More and more evidence is accumulating that a large asteroid (perhaps
5 to 10 miles across) hit the Earth some 65 million years ago, lofting
so much hot dust and smoke into the atmosphere that the climate of
our entire planet changed. The dust-laden sky prevented significant
amounts of sunlight from reaching Earth's surface, killing many
plants and, soon afterward, the many animals that depended on them
for food. The fossil record shows that large numbers of species were
wiped out in this period, dinosaurs perhaps the most famous among
them. In the 1990's the actual crater from this impact was discovered,
buried under more recent geologic layers in Mexico's Yucatan region.
Students may enjoy doing some book or Internet research on Comet
Shoemaker-Levy 9, which, in 1993, broke into many pieces when it ventured
too close to the giant planet Jupiter. The following summer, pieces
of the comet came back around and collided with Jupiter; we could
easily observe the enormous marks of these impacts from Earth. This
display of cosmic danger was a wake-up call for governments
and many people who had never thought about asteroids before; what
had just happened to Jupiter could happen to the Earth. We know many
smaller asteroids hit us regularly without damage, and still others
pass close to us, most often with little or no warning. Surely, if
a big one is headed our way, we want to have as much notice as possible.
In 1998, under a mandate from Congress, NASA undertook Project
Safeguard to find and track 90% of the Earth-crossing asteroids
that were 1-kilometer or larger. We are now almost at the 80% level
and closing in on this goal. In the meantime, a search for smaller
asteroids that might someday hit us (and still be dangerous, even
if they don't cause global devastation) is also under way. This search
is what the Pan-STARRS telescope,
introduced in 400
Years of the Telescope,
is especially well-suited to carry out.
After students complete a unit on asteroids and impacts, you may
want to lead some class discussion on their thoughts and concerns.
Reassure them that the odds of being harmed by such impacts remain
very low. Nevertheless, you can ask them to think about questions
that society is still trying to answer, such as: What agency of each
government should be in charge of protecting us from asteroids? Should
asteroid defense be a national or international project for
Earth? What sorts of defenses against asteroids can we develop? How
much public information about asteroid dangers should the government
release (and when)?
This is a topic which has inspired many movies and TV dramatizations.
You might ask students if they have seen one of these, or even show
one of the more popular ones, like Deep Impact or Armageddon (the
first with much better science than the second.) Ask them to critique
how well the movie makers did in capturing the astronomical realities
of the film's situation.
An excellent, up-to-date web site on this topic is NASA'S Asteroid
and Comet Impact Hazards.
In 1989, parts of the Canadian province of Quebec (including the city of Montreal)
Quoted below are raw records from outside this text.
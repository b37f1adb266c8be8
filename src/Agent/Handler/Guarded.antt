-- ===== src/Agent/Handler/Guarded.antt =====
-- Which requests the agent serves: those with a token of its own sandbox.
use lean_sandbox.Common.{
  ◌≡◌, ◌≢◌, refl, ap, Bool, true, false, ◌&&◌, ◌⊎◌, inl, inr, Option, none, some, [], ◌∷◌,
  if◌then◌else◌,
}
use lean_sandbox.Common.Int.{ℤ, ◌+ℤ◌, ◌≤ℤ◌, ◌<ℤ◌}
use lean_sandbox.Common.Text.{Bytes, text, str_eq}
use lean_sandbox.Common.Paths.{split_slash}
use lean_sandbox.Http.{Request, header_value, access_token_header, is_get}
use lean_sandbox.Jwt.{Refusal, unix, five_minutes}
use lean_sandbox.Jwt.RoundTrip.{Lawful, verify-sign, verify-sign_sub}
use lean_sandbox.ControlPlane.Server.{Backend}
use lean_sandbox.ControlPlane.Server.Tokens.{SignedFor}
use lean_sandbox.Agent.Server.{wrote_error, wrote_content}
use lean_sandbox.Agent.Handler.{
  Machine, State, Served, healthz, route, serve, check_token, authed, handle,
}

-- The request has changed nothing and has run nothing: it was a probe of the agent's health, or it
-- was refused.
pub record Denied (m : Machine) (s : State m) (sv : Served m) : Type 0 where
  pub keeps_state : sv.state ≡ s
  pub answers :
      (sv.answers ≡ wrote_content (text "ok") ∷ [])
      ⊎ (sv.answers ≡ wrote_error 401 (text "unauthorized") ∷ [])

module _ (m : Machine) (r : Request) (s : State m) where
  authed-Denied : (o : Option Refusal) → o ≢ none → Denied m s (authed m o r s)
  authed-Denied none n = absurd (n refl)
  authed-Denied (some e) n = record { keeps_state = refl; answers = inr refl }

  choose-Denied :
      (b : Bool) (sv : Served m)
      → Denied m s sv
      → Denied m s (if b then serve m healthz r s else sv)
  unfolding serve
  choose-Denied true sv d = record { keeps_state = refl; answers = inl refl }
  choose-Denied false sv d = d

  -- An agent with a key refuses a request whose token `Verify` does not accept, whatever it asks
  -- for: it runs nothing, and its session and its files stay as they are.
  pub handle-Denied : check_token m r s.1 ≢ none → Denied m s (handle m r s)
  unfolding handle
  handle-Denied n =
      choose-Denied (str_eq r.path (text "/healthz") && is_get r.method) _
        (authed-Denied (check_token m r s.1) n)

-- The agent in the pod of a sandbox: it has the id of the sandbox and the control plane's key.
abbrev pub agent_of : Backend → Bytes → Machine → Machine
agent_of b id m = record m { c = b.c; id = id; pub_key = some (b.c.public_key b.key) }

-- Where the packages keep their promises, the agent of a sandbox serves a request with a token that
-- the control plane's key has signed for that sandbox, while the token lives, by a clock that is at
-- most five minutes behind the signer's.
pub handle_own_token :
    (b : Backend) (m : Machine) (ttl : ℤ) (id : Bytes) (r : Request) (s : State (agent_of b id m))
    (o : SignedFor b ttl id (header_value access_token_header r))
    → Lawful b.c
    → unix (m.now s.1) <ℤ unix (o.signed_at +ℤ ttl)
    → unix o.signed_at ≤ℤ unix (m.now s.1 +ℤ five_minutes)
    → (let a = agent_of b id m in
        handle a r s ≡ (
          if str_eq r.path (text "/healthz") && is_get r.method
          then serve a healthz r s
          else serve a (route r.method (split_slash r.path)) r s))
unfolding handle check_token
handle_own_token b m ttl id r s o law live behind =
    let a = agent_of b id m in
    ap
      (λ t.
        if str_eq r.path (text "/healthz") && is_get r.method
        then serve a healthz r s
        else authed a t r s)
      (verify-sign b.c b.key id (header_value access_token_header r) ttl o.signed_at (m.now s.1) law
        o.signed live behind)

-- Where the packages keep their promises, the agent of another sandbox than the one that a token is
-- signed for refuses a request with the token, or answers a probe of its health; it runs nothing,
-- and its session and its files stay as they are.
pub handle_other_token :
    (b : Backend) (m : Machine) (ttl : ℤ) (own id : Bytes) (r : Request)
    (s : State (agent_of b own m))
    → SignedFor b ttl id (header_value access_token_header r)
    → Lawful b.c
    → own ≢ id
    → Denied (agent_of b own m) s (handle (agent_of b own m) r s)
unfolding check_token
handle_other_token b m ttl own id r s o law n = handle-Denied (agent_of b own m) r s (λ e.
    n
      (verify-sign_sub b.c b.key (b.c.public_key b.key) id (header_value access_token_header r) own
        ttl o.signed_at (m.now s.1) law o.signed e).0)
were without power for up to nine hours because a storm of charged particles
from the Sun had caused a surge of electricity in the power lines strong enough
to knock out some of the equipment making up the power grid. This is just one
example of a phenomenon astronomers are calling "space weather," a entirely
new area of concern for modern civilization.
The Sun has an eleven-year cycle of activity which students can follow.
The more active the Sun is, the more dark spots which can be seen on its surface
and the more flares (explosions of charged particles and energy) that can be
observed in its surface layers. NASA offers an excellent presentation entitled Tracking
Sunspots (PDF) for the classroom.
It is very important to caution your students that looking at the Sun without
protection can cause permanent damage to their eyes. Galileo himself realized
this, so he and his assistant projected an image of the Sun through their
telescope onto a wall so they could study the sunspots without harming their
If you have made contact with an amateur astronomy club near you, someone
from the club may be willing to come out to the school and show students the
Sun's surface, either by putting a safe filter on the telescope, or by projecting
an image like Galileo did.
While 400 Years of the Telescope focuses mainly on the Hubble as
the best-known example of a telescope in space, there are a number of other
telescopes that also conduct their observations from above the Earth's atmosphere.
Among these space-based observatories are the Spitzer
Space Telescope (which searches for infra-red or
heat waves from celestial objects), the Chandra
Space Telescope (which uses
x-rays), and the Fermi
Space Telescope (which seeks out gamma rays). Just about
a month before our show's first air date, NASA launched the Kepler
a more specialized mission designed to search for planets around other stars.
Student groups can be assigned one space telescope to research and then report
back to the class, as scientists would at their meetings, on the work
of their telescope.
One of the best decisions the people running the Hubble ever made was to quickly
and freely release the beautiful images that the telescope takes as part of
its research program. The Hubble images have become cultural icons and are
now part of the visual vocabulary of our time. If you are studying a part of
astronomy with your students, it's always fun to see if there are Hubble pictures
available to go with it. The best place to check for such images is the Hubble
It's interesting to poll your students if they have heard of the Hubble, and
then ask them how far above the Earth's surface the Hubble is orbiting. Ask
them to write down their answers, so they can't change them, or take a poll
before revealing the answer. Most will think it is much farther away than it
really is. Hubble orbits about 350 miles above the Earth's surface and takes
about 97 minutes to make one full revolution around our planet. For comparison,
the diameter of our planet is about 8000 miles. This would be approximately
equivalent to a third of an inch above the surface of a basketball.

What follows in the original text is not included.